*** Opening of Dataset entries ***

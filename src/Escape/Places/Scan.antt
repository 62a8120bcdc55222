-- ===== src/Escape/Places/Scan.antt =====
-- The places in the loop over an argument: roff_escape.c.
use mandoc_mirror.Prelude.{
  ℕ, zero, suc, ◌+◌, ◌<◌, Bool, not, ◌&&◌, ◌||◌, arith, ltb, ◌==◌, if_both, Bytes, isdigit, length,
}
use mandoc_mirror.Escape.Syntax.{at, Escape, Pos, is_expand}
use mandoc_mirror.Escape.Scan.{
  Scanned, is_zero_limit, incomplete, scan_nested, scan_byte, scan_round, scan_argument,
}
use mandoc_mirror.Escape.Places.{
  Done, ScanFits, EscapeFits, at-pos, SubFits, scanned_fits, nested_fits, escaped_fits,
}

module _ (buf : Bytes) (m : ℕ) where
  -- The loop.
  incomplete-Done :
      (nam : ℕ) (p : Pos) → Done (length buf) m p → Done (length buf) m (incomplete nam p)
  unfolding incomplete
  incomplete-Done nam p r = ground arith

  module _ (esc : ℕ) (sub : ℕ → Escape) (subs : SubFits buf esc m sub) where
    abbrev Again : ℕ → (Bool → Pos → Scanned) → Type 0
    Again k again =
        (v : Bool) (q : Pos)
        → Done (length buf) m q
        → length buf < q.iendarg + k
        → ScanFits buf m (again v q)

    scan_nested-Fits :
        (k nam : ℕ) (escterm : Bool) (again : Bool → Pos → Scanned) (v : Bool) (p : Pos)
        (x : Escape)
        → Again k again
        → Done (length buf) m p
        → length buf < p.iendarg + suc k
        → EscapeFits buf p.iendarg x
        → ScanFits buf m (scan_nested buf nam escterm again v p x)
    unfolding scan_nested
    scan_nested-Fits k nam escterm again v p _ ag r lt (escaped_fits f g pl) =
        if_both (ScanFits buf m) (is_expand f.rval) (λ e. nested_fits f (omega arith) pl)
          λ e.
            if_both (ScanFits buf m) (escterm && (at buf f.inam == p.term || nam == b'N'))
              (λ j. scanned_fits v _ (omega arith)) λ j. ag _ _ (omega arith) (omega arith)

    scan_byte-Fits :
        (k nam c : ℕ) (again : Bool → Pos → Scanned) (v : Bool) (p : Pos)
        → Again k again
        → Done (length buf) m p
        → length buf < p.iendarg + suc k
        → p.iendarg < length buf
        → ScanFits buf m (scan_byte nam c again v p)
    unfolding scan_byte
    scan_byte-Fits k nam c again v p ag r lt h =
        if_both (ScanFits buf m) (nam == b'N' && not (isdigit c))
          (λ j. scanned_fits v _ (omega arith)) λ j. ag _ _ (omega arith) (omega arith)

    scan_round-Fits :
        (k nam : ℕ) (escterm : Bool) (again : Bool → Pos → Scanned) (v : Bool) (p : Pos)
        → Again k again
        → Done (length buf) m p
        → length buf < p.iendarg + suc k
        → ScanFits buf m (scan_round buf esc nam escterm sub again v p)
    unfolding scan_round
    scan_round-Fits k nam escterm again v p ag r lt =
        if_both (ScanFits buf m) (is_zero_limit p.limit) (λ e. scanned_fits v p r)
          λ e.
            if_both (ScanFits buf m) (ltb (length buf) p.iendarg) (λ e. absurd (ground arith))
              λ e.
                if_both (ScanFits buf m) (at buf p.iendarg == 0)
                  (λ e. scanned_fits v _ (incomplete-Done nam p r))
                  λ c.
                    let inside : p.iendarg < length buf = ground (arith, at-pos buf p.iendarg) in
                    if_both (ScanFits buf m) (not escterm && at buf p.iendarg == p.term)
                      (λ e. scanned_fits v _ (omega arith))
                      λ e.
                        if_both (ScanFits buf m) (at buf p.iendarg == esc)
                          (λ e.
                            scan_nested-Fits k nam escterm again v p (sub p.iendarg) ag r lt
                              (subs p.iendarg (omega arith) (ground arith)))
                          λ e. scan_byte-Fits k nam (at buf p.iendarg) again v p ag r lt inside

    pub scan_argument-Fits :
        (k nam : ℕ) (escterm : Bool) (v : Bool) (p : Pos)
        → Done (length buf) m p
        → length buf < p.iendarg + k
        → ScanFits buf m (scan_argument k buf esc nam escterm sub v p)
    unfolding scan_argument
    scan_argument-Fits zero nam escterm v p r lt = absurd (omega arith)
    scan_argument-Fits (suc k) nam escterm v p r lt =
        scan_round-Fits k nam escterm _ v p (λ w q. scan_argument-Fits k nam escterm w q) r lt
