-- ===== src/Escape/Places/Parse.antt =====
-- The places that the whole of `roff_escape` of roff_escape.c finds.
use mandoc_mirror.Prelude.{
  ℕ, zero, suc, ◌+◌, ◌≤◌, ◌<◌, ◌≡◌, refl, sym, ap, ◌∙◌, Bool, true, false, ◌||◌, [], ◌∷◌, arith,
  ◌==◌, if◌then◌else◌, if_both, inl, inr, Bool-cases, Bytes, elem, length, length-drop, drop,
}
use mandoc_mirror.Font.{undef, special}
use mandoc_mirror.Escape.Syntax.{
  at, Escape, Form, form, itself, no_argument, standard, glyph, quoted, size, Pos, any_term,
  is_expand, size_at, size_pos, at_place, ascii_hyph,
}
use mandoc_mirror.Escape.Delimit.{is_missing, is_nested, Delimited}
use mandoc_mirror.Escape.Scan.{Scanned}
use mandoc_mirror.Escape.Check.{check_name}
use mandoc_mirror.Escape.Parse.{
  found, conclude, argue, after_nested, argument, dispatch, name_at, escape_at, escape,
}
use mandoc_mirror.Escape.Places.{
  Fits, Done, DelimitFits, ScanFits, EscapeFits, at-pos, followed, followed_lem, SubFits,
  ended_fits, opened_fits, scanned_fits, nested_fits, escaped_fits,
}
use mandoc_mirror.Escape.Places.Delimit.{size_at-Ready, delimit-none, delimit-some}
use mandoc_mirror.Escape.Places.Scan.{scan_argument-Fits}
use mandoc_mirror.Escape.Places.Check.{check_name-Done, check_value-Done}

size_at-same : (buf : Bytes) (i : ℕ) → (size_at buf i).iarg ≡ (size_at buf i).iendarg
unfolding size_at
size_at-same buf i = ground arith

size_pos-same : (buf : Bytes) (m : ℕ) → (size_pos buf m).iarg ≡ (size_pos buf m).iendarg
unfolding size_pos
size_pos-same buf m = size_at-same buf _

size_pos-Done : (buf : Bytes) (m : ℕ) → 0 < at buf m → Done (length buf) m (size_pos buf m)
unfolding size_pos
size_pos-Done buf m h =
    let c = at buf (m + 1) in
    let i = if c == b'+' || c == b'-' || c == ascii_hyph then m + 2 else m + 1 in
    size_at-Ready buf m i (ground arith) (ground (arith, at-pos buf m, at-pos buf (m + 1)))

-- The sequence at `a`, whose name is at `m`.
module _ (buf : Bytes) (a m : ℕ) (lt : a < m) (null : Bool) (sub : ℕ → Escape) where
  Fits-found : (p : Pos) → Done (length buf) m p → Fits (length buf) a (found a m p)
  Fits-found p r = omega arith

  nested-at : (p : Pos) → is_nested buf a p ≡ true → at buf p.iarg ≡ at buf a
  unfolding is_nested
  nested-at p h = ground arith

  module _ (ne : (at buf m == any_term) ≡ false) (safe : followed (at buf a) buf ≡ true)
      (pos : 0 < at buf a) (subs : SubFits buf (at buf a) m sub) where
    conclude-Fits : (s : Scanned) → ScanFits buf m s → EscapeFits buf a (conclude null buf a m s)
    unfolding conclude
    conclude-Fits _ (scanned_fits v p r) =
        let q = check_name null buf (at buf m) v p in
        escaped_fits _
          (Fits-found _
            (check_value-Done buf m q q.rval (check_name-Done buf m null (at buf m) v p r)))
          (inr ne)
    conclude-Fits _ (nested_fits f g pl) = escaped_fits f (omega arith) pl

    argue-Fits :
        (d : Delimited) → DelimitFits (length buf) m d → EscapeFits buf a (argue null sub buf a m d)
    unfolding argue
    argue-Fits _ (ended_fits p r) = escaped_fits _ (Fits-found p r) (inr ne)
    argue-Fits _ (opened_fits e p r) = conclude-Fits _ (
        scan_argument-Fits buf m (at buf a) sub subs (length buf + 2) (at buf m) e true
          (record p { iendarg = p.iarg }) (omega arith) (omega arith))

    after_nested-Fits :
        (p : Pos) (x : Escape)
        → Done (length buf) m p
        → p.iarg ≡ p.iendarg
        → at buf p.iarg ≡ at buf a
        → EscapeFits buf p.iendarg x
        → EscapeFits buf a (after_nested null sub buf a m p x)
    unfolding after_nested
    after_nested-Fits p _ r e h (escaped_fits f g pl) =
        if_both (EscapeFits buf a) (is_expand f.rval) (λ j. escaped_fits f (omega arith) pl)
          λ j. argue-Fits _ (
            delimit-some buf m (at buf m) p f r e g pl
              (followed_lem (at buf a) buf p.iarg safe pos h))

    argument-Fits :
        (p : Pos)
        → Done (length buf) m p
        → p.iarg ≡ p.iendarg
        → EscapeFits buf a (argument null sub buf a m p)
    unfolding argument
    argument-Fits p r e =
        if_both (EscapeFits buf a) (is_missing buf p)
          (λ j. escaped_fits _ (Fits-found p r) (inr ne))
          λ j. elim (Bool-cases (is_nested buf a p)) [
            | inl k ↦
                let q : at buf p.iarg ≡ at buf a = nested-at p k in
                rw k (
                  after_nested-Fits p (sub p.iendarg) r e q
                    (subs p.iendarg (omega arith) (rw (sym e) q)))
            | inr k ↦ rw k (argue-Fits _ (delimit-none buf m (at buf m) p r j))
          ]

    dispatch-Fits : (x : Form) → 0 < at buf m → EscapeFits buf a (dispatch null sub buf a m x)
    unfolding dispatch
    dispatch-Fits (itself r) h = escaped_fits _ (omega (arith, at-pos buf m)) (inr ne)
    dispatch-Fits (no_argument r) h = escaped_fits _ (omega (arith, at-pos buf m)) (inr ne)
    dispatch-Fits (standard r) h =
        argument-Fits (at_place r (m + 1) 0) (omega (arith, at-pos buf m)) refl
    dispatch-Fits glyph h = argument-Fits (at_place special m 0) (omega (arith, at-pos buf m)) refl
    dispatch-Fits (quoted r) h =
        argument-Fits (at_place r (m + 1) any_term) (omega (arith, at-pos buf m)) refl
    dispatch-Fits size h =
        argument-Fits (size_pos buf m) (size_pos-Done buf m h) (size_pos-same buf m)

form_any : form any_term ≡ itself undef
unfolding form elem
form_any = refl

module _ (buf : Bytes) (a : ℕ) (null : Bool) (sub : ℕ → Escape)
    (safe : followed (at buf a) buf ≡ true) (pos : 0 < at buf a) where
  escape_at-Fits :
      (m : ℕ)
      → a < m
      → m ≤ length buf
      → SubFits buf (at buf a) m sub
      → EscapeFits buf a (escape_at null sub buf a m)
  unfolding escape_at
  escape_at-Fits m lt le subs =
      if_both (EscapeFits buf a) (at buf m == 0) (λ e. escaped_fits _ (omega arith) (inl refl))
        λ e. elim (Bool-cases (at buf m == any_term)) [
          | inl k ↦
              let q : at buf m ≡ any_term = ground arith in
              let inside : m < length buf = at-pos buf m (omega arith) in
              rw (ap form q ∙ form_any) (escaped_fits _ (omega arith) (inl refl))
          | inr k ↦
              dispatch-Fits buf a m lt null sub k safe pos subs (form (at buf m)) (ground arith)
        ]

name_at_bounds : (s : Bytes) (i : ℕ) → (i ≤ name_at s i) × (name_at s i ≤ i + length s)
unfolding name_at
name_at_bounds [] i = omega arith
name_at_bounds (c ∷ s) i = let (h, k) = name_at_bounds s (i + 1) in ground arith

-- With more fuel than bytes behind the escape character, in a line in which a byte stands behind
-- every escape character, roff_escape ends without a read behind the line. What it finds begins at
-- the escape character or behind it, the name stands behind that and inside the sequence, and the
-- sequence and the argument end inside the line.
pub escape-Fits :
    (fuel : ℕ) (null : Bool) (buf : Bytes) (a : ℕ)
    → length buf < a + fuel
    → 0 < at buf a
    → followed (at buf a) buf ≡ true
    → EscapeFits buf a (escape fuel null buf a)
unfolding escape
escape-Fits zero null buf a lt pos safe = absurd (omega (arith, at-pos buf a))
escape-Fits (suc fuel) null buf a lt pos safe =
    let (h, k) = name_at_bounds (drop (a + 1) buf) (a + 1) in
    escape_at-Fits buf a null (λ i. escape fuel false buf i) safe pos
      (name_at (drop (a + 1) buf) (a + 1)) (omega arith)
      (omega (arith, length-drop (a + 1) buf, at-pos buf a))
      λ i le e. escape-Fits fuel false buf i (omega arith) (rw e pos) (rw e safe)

*** Close of Dataset entries ***

Only the lines above starting at the one containing "module _ (buf : Bytes) (m : ℕ) where" and ending at the one containing "scan_nested-Fits k nam escterm again v p _", both included, are to be returned, exactly as they read.

## Answer space
module _ (buf : Bytes) (m : ℕ) where
  -- The loop.
  incomplete-Done :
      (nam : ℕ) (p : Pos) → Done (length buf) m p → Done (length buf) m (incomplete nam p)
  unfolding incomplete
  incomplete-Done nam p r = ground arith

  module _ (esc : ℕ) (sub : ℕ → Escape) (subs : SubFits buf esc m sub) where
    abbrev Again : ℕ → (Bool → Pos → Scanned) → Type 0
    Again k again =
        (v : Bool) (q : Pos)
        → Done (length buf) m q
        → length buf < q.iendarg + k
        → ScanFits buf m (again v q)

    scan_nested-Fits :
        (k nam : ℕ) (escterm : Bool) (again : Bool → Pos → Scanned) (v : Bool) (p : Pos)
        (x : Escape)
        → Again k again
        → Done (length buf) m p
        → length buf < p.iendarg + suc k
        → EscapeFits buf p.iendarg x
        → ScanFits buf m (scan_nested buf nam escterm again v p x)
    unfolding scan_nested
    scan_nested-Fits k nam escterm again v p _ ag r lt (escaped_fits f g pl) =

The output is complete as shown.